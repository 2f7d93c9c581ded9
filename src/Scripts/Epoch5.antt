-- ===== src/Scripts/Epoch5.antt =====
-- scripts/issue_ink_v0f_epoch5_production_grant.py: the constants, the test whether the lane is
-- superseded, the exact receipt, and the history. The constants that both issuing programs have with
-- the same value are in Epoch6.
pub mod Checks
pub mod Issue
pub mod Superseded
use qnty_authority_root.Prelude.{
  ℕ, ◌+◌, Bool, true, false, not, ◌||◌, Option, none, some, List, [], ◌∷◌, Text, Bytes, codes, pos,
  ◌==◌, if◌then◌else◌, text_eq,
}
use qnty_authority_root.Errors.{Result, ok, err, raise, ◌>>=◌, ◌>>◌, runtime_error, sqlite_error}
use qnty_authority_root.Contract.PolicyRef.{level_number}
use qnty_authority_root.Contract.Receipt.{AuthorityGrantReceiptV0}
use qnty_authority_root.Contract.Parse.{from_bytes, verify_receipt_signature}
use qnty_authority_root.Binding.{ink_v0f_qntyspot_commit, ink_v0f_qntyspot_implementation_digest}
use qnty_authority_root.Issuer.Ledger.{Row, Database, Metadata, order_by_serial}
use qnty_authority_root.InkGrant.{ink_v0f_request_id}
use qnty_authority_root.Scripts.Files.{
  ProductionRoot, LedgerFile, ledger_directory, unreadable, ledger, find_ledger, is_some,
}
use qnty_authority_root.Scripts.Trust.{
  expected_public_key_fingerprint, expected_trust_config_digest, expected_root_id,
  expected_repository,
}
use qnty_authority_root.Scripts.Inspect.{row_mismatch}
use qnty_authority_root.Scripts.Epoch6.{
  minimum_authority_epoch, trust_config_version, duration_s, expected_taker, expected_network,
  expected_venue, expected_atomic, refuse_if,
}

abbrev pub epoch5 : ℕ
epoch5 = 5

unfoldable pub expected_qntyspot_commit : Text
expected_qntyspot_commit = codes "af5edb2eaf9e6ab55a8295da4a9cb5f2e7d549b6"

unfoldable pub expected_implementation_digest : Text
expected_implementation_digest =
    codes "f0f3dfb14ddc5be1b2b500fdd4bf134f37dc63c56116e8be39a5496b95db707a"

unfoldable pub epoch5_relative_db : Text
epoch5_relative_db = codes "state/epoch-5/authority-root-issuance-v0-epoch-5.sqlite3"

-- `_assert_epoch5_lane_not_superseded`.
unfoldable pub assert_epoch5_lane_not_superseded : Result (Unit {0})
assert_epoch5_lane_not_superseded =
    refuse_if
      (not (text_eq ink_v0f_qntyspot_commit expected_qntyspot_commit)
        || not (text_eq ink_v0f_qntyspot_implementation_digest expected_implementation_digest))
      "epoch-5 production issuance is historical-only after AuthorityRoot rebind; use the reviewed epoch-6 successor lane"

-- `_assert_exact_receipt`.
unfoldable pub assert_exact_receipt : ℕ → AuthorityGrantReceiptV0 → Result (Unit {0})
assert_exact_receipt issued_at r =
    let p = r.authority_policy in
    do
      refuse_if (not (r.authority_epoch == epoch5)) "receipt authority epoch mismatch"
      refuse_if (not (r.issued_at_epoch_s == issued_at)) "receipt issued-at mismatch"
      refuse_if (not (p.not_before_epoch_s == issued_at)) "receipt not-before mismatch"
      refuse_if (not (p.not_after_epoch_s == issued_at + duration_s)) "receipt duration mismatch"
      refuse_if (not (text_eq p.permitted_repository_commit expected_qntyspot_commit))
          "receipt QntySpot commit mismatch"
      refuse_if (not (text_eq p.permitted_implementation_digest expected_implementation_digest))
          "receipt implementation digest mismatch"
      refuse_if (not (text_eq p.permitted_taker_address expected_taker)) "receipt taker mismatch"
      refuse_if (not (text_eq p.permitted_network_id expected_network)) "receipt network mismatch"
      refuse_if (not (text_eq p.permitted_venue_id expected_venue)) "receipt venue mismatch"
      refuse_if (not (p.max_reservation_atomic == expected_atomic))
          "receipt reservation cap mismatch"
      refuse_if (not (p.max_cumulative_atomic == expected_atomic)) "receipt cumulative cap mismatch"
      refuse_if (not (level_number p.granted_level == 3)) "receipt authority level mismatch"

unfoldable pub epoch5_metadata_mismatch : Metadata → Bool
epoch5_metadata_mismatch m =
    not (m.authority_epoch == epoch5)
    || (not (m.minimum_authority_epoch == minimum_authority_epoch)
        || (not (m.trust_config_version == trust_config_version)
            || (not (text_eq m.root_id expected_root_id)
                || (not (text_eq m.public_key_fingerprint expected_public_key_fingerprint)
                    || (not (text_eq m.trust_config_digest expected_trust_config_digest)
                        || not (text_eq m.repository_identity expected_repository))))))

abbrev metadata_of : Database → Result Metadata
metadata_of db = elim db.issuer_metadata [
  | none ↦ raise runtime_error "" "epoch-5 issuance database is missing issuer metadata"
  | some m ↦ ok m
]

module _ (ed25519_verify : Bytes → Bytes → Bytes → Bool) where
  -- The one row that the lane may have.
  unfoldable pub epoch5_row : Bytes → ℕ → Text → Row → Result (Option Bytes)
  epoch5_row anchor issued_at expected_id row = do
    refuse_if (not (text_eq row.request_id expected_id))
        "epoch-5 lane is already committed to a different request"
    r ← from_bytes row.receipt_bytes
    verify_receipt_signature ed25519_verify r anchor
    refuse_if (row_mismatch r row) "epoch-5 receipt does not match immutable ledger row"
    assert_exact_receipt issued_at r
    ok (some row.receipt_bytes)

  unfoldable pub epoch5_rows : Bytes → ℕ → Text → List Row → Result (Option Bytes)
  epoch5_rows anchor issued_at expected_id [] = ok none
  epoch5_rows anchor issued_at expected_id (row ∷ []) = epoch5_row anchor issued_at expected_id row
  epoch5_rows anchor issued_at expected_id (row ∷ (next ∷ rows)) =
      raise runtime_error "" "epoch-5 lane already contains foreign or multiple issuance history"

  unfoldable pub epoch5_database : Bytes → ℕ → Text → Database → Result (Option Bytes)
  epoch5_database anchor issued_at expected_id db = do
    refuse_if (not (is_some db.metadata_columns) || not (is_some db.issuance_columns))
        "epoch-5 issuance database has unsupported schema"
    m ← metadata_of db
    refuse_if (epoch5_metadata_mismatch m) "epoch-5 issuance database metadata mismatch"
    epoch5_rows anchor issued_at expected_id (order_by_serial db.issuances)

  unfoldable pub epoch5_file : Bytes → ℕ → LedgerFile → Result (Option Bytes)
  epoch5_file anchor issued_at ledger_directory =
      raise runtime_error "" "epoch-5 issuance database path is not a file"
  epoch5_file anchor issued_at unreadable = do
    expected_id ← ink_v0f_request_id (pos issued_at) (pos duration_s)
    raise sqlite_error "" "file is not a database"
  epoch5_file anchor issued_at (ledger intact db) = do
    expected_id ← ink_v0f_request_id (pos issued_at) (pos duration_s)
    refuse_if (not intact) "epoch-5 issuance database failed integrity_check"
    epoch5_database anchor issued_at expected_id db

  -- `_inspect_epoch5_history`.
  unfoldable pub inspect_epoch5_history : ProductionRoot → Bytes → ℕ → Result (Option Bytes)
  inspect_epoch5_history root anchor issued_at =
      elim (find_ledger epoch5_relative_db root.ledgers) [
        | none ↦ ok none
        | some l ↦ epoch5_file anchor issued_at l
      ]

-----

Give again exactly, and only, the lines above starting at the one with "not (text_eq ink_v0f_qntyspot_implementation_digest" and ending at the one with "(not (text_eq m.public_key_fingerprint".

        || not (text_eq ink_v0f_qntyspot_implementation_digest expected_implementation_digest))
      "epoch-5 production issuance is historical-only after AuthorityRoot rebind; use the reviewed epoch-6 successor lane"

-- `_assert_exact_receipt`.
unfoldable pub assert_exact_receipt : ℕ → AuthorityGrantReceiptV0 → Result (Unit {0})
assert_exact_receipt issued_at r =
    let p = r.authority_policy in
    do
      refuse_if (not (r.authority_epoch == epoch5)) "receipt authority epoch mismatch"
      refuse_if (not (r.issued_at_epoch_s == issued_at)) "receipt issued-at mismatch"
      refuse_if (not (p.not_before_epoch_s == issued_at)) "receipt not-before mismatch"
      refuse_if (not (p.not_after_epoch_s == issued_at + duration_s)) "receipt duration mismatch"
      refuse_if (not (text_eq p.permitted_repository_commit expected_qntyspot_commit))
          "receipt QntySpot commit mismatch"
      refuse_if (not (text_eq p.permitted_implementation_digest expected_implementation_digest))
          "receipt implementation digest mismatch"
      refuse_if (not (text_eq p.permitted_taker_address expected_taker)) "receipt taker mismatch"
      refuse_if (not (text_eq p.permitted_network_id expected_network)) "receipt network mismatch"
      refuse_if (not (text_eq p.permitted_venue_id expected_venue)) "receipt venue mismatch"
      refuse_if (not (p.max_reservation_atomic == expected_atomic))
          "receipt reservation cap mismatch"
      refuse_if (not (p.max_cumulative_atomic == expected_atomic)) "receipt cumulative cap mismatch"
      refuse_if (not (level_number p.granted_level == 3)) "receipt authority level mismatch"

unfoldable pub epoch5_metadata_mismatch : Metadata → Bool
epoch5_metadata_mismatch m =
    not (m.authority_epoch == epoch5)
    || (not (m.minimum_authority_epoch == minimum_authority_epoch)
        || (not (m.trust_config_version == trust_config_version)
            || (not (text_eq m.root_id expected_root_id)
                || (not (text_eq m.public_key_fingerprint expected_public_key_fingerprint)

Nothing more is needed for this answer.